• **Data to examine**:
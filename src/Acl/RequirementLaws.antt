-- ===== src/Acl/RequirementLaws.antt =====
-- What checkRequirement of internal/acl/acl.go decides, stated without its loops.
use weave_ftpd.Base.{
  ◌≡◌, ◌↔◌, ◌⊎◌, inl, inr, refl, List, [], ◌∷◌, Bool, true, false, ◌&&◌, ◌||◌, not, arith, Text,
  text_eq, text_eq_iff, equal_fold, any, all, All, AnyOf, any_iff, all_iff, and_parts, Bool-cases,
  if◌then◌else◌,
}
use weave_ftpd.User.Account.{User, has_flag, is_in_group}
use weave_ftpd.Acl.Requirement.{
  Terms, Requirement, requirement, Requirements, nil, cons, has_all_flags, one_of, check_terms,
  is_nil, check_requirement, check_all, check_any,
}

not_both : (b : Bool) → not b ≡ true → b ≡ true → ⊥
not_both b h k = ground arith

and_iff :
    {P Q : Type 0} (a b : Bool) → (a ≡ true) ↔ P → (b ≡ true) ↔ Q → ((a && b) ≡ true) ↔ (P × Q)
and_iff a b i j =
    let parts = and_parts a b in
    (λ h. (i.0 (parts.0 h).0, j.0 (parts.0 h).1), λ p. parts.1 (i.1 p.0, j.1 p.1))

or_parts : (a b : Bool) → ((a || b) ≡ true) ↔ ((a ≡ true) ⊎ (b ≡ true))
or_parts a b = ground arith

or_iff : {P Q : Type 0} (a b : Bool) → (a ≡ true) ↔ P → (b ≡ true) ↔ Q → ((a || b) ≡ true) ↔ (P ⊎ Q)
or_iff a b i j =
    let parts = or_parts a b in
    (
      λ h. elim (parts.0 h) [ inl x ↦ inl (i.0 x) | inr y ↦ inr (j.0 y) ],
      λ p. elim p [ inl x ↦ parts.1 (inl (i.1 x)) | inr y ↦ parts.1 (inr (j.1 y)) ],
    )

module _ (u : User) where
  abbrev pub HasFlag : Text → Type 0
  HasFlag f = has_flag u f ≡ true

  abbrev pub InGroup : Text → Type 0
  InGroup g = is_in_group u g ≡ true

  abbrev pub IsCalled : Text → Type 0
  IsCalled n = equal_fold u.name n ≡ true

  -- A list that asks for one of its elements, if it has any.
  abbrev pub OneOf : (Text → Type 0) → List Text → Type 0
  OneOf P [] = Unit
  OneOf P (x ∷ xs) = AnyOf P (x ∷ xs)

  -- The account has what the terms ask for, and nothing that they exclude.
  pub record SatisfiesTerms (t : Terms) : Type 0 where
    pub no_bad_flag : ¬ AnyOf HasFlag t.not_flags
    pub no_bad_group : ¬ AnyOf InGroup t.not_groups
    pub no_bad_name : ¬ AnyOf IsCalled t.not_users
    pub every_flag : All (λ f. (f ≡ []) ⊎ HasFlag f) t.all_flags
    pub some_flag : OneOf HasFlag t.any_flags
    pub every_group : All InGroup t.all_groups
    pub some_group : OneOf InGroup t.any_groups
    pub some_name : OneOf IsCalled t.users

  no_any_iff :
      (p : Text → Bool) (xs : List Text) → (not (any p xs) ≡ true) ↔ (¬ AnyOf (λ x. p x ≡ true) xs)
  no_any_iff p xs =
      let i = any_iff (λ y. p y ≡ true) p xs (λ y. (λ h. h, λ h. h)) in
      (
        λ h a. not_both (any p xs) h (i.1 a),
        λ h. elim (Bool-cases (any p xs)) [ inl t ↦ absurd (h (i.0 t)) | inr f ↦ rw f ],
      )

  one_of_iff :
      (p : Text → Bool) (xs : List Text) → (one_of p xs ≡ true) ↔ OneOf (λ x. p x ≡ true) xs
  unfolding one_of
  one_of_iff p [] = (λ h. tt, λ h. refl)
  one_of_iff p (x ∷ xs) = any_iff (λ y. p y ≡ true) p (x ∷ xs) (λ y. (λ h. h, λ h. h))

  flag_iff : (f : Text) → ((text_eq f [] || has_flag u f) ≡ true) ↔ ((f ≡ []) ⊎ HasFlag f)
  flag_iff f = or_iff (text_eq f []) (has_flag u f) (text_eq_iff f []) (λ h. h, λ h. h)

  every_flag_iff :
      (flags : List Text) → (has_all_flags u flags ≡ true) ↔ All (λ f. (f ≡ []) ⊎ HasFlag f) flags
  unfolding has_all_flags
  every_flag_iff flags = all_iff _ _ flags flag_iff

  terms_of_parts :
      (t : Terms)
      → (¬ AnyOf HasFlag t.not_flags)
        × ((¬ AnyOf InGroup t.not_groups)
            × ((¬ AnyOf IsCalled t.not_users)
                × (All (λ f. (f ≡ []) ⊎ HasFlag f) t.all_flags
                    × (OneOf HasFlag t.any_flags
                        × (All InGroup t.all_groups
                            × (OneOf InGroup t.any_groups × OneOf IsCalled t.users))))))
      → SatisfiesTerms t
  terms_of_parts t p = record {
    no_bad_flag = p.0;
    no_bad_group = p.1.0;
    no_bad_name = p.1.1.0;
    every_flag = p.1.1.1.0;
    some_flag = p.1.1.1.1.0;
    every_group = p.1.1.1.1.1.0;
    some_group = p.1.1.1.1.1.1.0;
    some_name = p.1.1.1.1.1.1.1;
  }

  check_terms_iff : (t : Terms) → (check_terms u t ≡ true) ↔ SatisfiesTerms t
  unfolding check_terms
  check_terms_iff t =
      let i = and_iff (not (any (has_flag u) t.not_flags)) _ (no_any_iff (has_flag u) t.not_flags) (
        and_iff (not (any (is_in_group u) t.not_groups)) _ (no_any_iff (is_in_group u) t.not_groups)
          (and_iff (not (any (equal_fold u.name) t.not_users)) _
            (no_any_iff (equal_fold u.name) t.not_users)
            (and_iff (has_all_flags u t.all_flags) _ (every_flag_iff t.all_flags) (
              and_iff (one_of (has_flag u) t.any_flags) _ (one_of_iff (has_flag u) t.any_flags) (
                and_iff (all (is_in_group u) t.all_groups) _
                  (all_iff InGroup (is_in_group u) t.all_groups (λ g. (λ h. h, λ h. h)))
                  (and_iff (one_of (is_in_group u) t.any_groups)
                    (one_of (equal_fold u.name) t.users) (one_of_iff (is_in_group u) t.any_groups)
                    (one_of_iff (equal_fold u.name) t.users))))))) in
      (
        λ h. terms_of_parts t (i.0 h),
        λ s. i.1 (
          s.no_bad_flag,
          (
            s.no_bad_group,
            (
              s.no_bad_name,
              (s.every_flag, (s.some_flag, (s.every_group, (s.some_group, s.some_name)))),
            ),
          ),
        ),
      )

-- The account satisfies a requirement: not with `nobody`, and with all of one list of further
-- requirements and one of the other, if that has any.
unfoldable mutual
  pub Satisfies : User → Requirement → Type 0
  Satisfies u (requirement t any_of all_of) =
      (t.nobody ≡ false) × (SatisfiesTerms u t × (SatisfiesAll u all_of × SatisfiesOne u any_of))

  pub SatisfiesAll : User → Requirements → Type 0
  SatisfiesAll u nil = Unit
  SatisfiesAll u (cons r rs) = Satisfies u r × SatisfiesAll u rs

  pub SatisfiesOne : User → Requirements → Type 0
  SatisfiesOne u nil = Unit
  SatisfiesOne u (cons r rs) = Satisfies u r ⊎ SatisfiesAny u rs

  pub SatisfiesAny : User → Requirements → Type 0
  SatisfiesAny u nil = ⊥
  SatisfiesAny u (cons r rs) = Satisfies u r ⊎ SatisfiesAny u rs

not_nobody_iff : (b c : Bool) → ((if b then false else c) ≡ true) ↔ ((b ≡ false) × (c ≡ true))
not_nobody_iff b c = ground arith

mutual
  unfolding check_requirement Satisfies is_nil

  check_iff : (u : User) (r : Requirement) → (check_requirement u r ≡ true) ↔ Satisfies u r
  check_iff u (requirement t any_of all_of) =
      let i = and_iff (check_terms u t) _ (check_terms_iff u t) (
        and_iff (check_all u all_of) (is_nil any_of || check_any u any_of) (check_all_iff u all_of)
          (check_one_iff u any_of)) in
      let j = not_nobody_iff t.nobody _ in
      (λ h. ((j.0 h).0, i.0 (j.0 h).1), λ s. j.1 (s.0, i.1 s.1))

  check_all_iff : (u : User) (rs : Requirements) → (check_all u rs ≡ true) ↔ SatisfiesAll u rs
  check_all_iff u nil = (λ h. tt, λ h. refl)
  check_all_iff u (cons r rs) =
      and_iff (check_requirement u r) (check_all u rs) (check_iff u r) (check_all_iff u rs)

  check_one_iff :
      (u : User) (rs : Requirements) → ((is_nil rs || check_any u rs) ≡ true) ↔ SatisfiesOne u rs
  check_one_iff u nil = (λ h. tt, λ h. refl)
  check_one_iff u (cons r rs) =
      or_iff (check_requirement u r) (check_any u rs) (check_iff u r) (check_any_iff u rs)

  check_any_iff : (u : User) (rs : Requirements) → (check_any u rs ≡ true) ↔ SatisfiesAny u rs
  check_any_iff u nil = (λ h. cc, λ h. absurd h)
  check_any_iff u (cons r rs) =
      or_iff (check_requirement u r) (check_any u rs) (check_iff u r) (check_any_iff u rs)

-- checkRequirement accepts an account exactly if the account satisfies the requirement, at every
-- depth of nested requirements.
pub check_requirement_iff :
    (u : User) (r : Requirement) → (check_requirement u r ≡ true) ↔ Satisfies u r
check_requirement_iff u r = check_iff u r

• **Action item**:
Return a word-for-word copy of the lines from the beginning of the listing to the line holding "HasFlag f = has_flag u f ≡ true", both kept.

• **Problem solution**:
filename src/Acl/RequirementLaws.antt
-- ===== src/Acl/RequirementLaws.antt =====
-- What checkRequirement of internal/acl/acl.go decides, stated without its loops.
use weave_ftpd.Base.{
  ◌≡◌, ◌↔◌, ◌⊎◌, inl, inr, refl, List, [], ◌∷◌, Bool, true, false, ◌&&◌, ◌||◌, not, arith, Text,
  text_eq, text_eq_iff, equal_fold, any, all, All, AnyOf, any_iff, all_iff, and_parts, Bool-cases,
  if◌then◌else◌,
}
use weave_ftpd.User.Account.{User, has_flag, is_in_group}
use weave_ftpd.Acl.Requirement.{
  Terms, Requirement, requirement, Requirements, nil, cons, has_all_flags, one_of, check_terms,
  is_nil, check_requirement, check_all, check_any,
}

not_both : (b : Bool) → not b ≡ true → b ≡ true → ⊥
not_both b h k = ground arith

and_iff :
    {P Q : Type 0} (a b : Bool) → (a ≡ true) ↔ P → (b ≡ true) ↔ Q → ((a && b) ≡ true) ↔ (P × Q)
and_iff a b i j =
    let parts = and_parts a b in
    (λ h. (i.0 (parts.0 h).0, j.0 (parts.0 h).1), λ p. parts.1 (i.1 p.0, j.1 p.1))

or_parts : (a b : Bool) → ((a || b) ≡ true) ↔ ((a ≡ true) ⊎ (b ≡ true))
or_parts a b = ground arith

or_iff : {P Q : Type 0} (a b : Bool) → (a ≡ true) ↔ P → (b ≡ true) ↔ Q → ((a || b) ≡ true) ↔ (P ⊎ Q)
or_iff a b i j =
    let parts = or_parts a b in
    (
      λ h. elim (parts.0 h) [ inl x ↦ inl (i.0 x) | inr y ↦ inr (j.0 y) ],
      λ p. elim p [ inl x ↦ parts.1 (inl (i.1 x)) | inr y ↦ parts.1 (inr (j.1 y)) ],
    )

module _ (u : User) where
  abbrev pub HasFlag : Text → Type 0
  HasFlag f = has_flag u f ≡ true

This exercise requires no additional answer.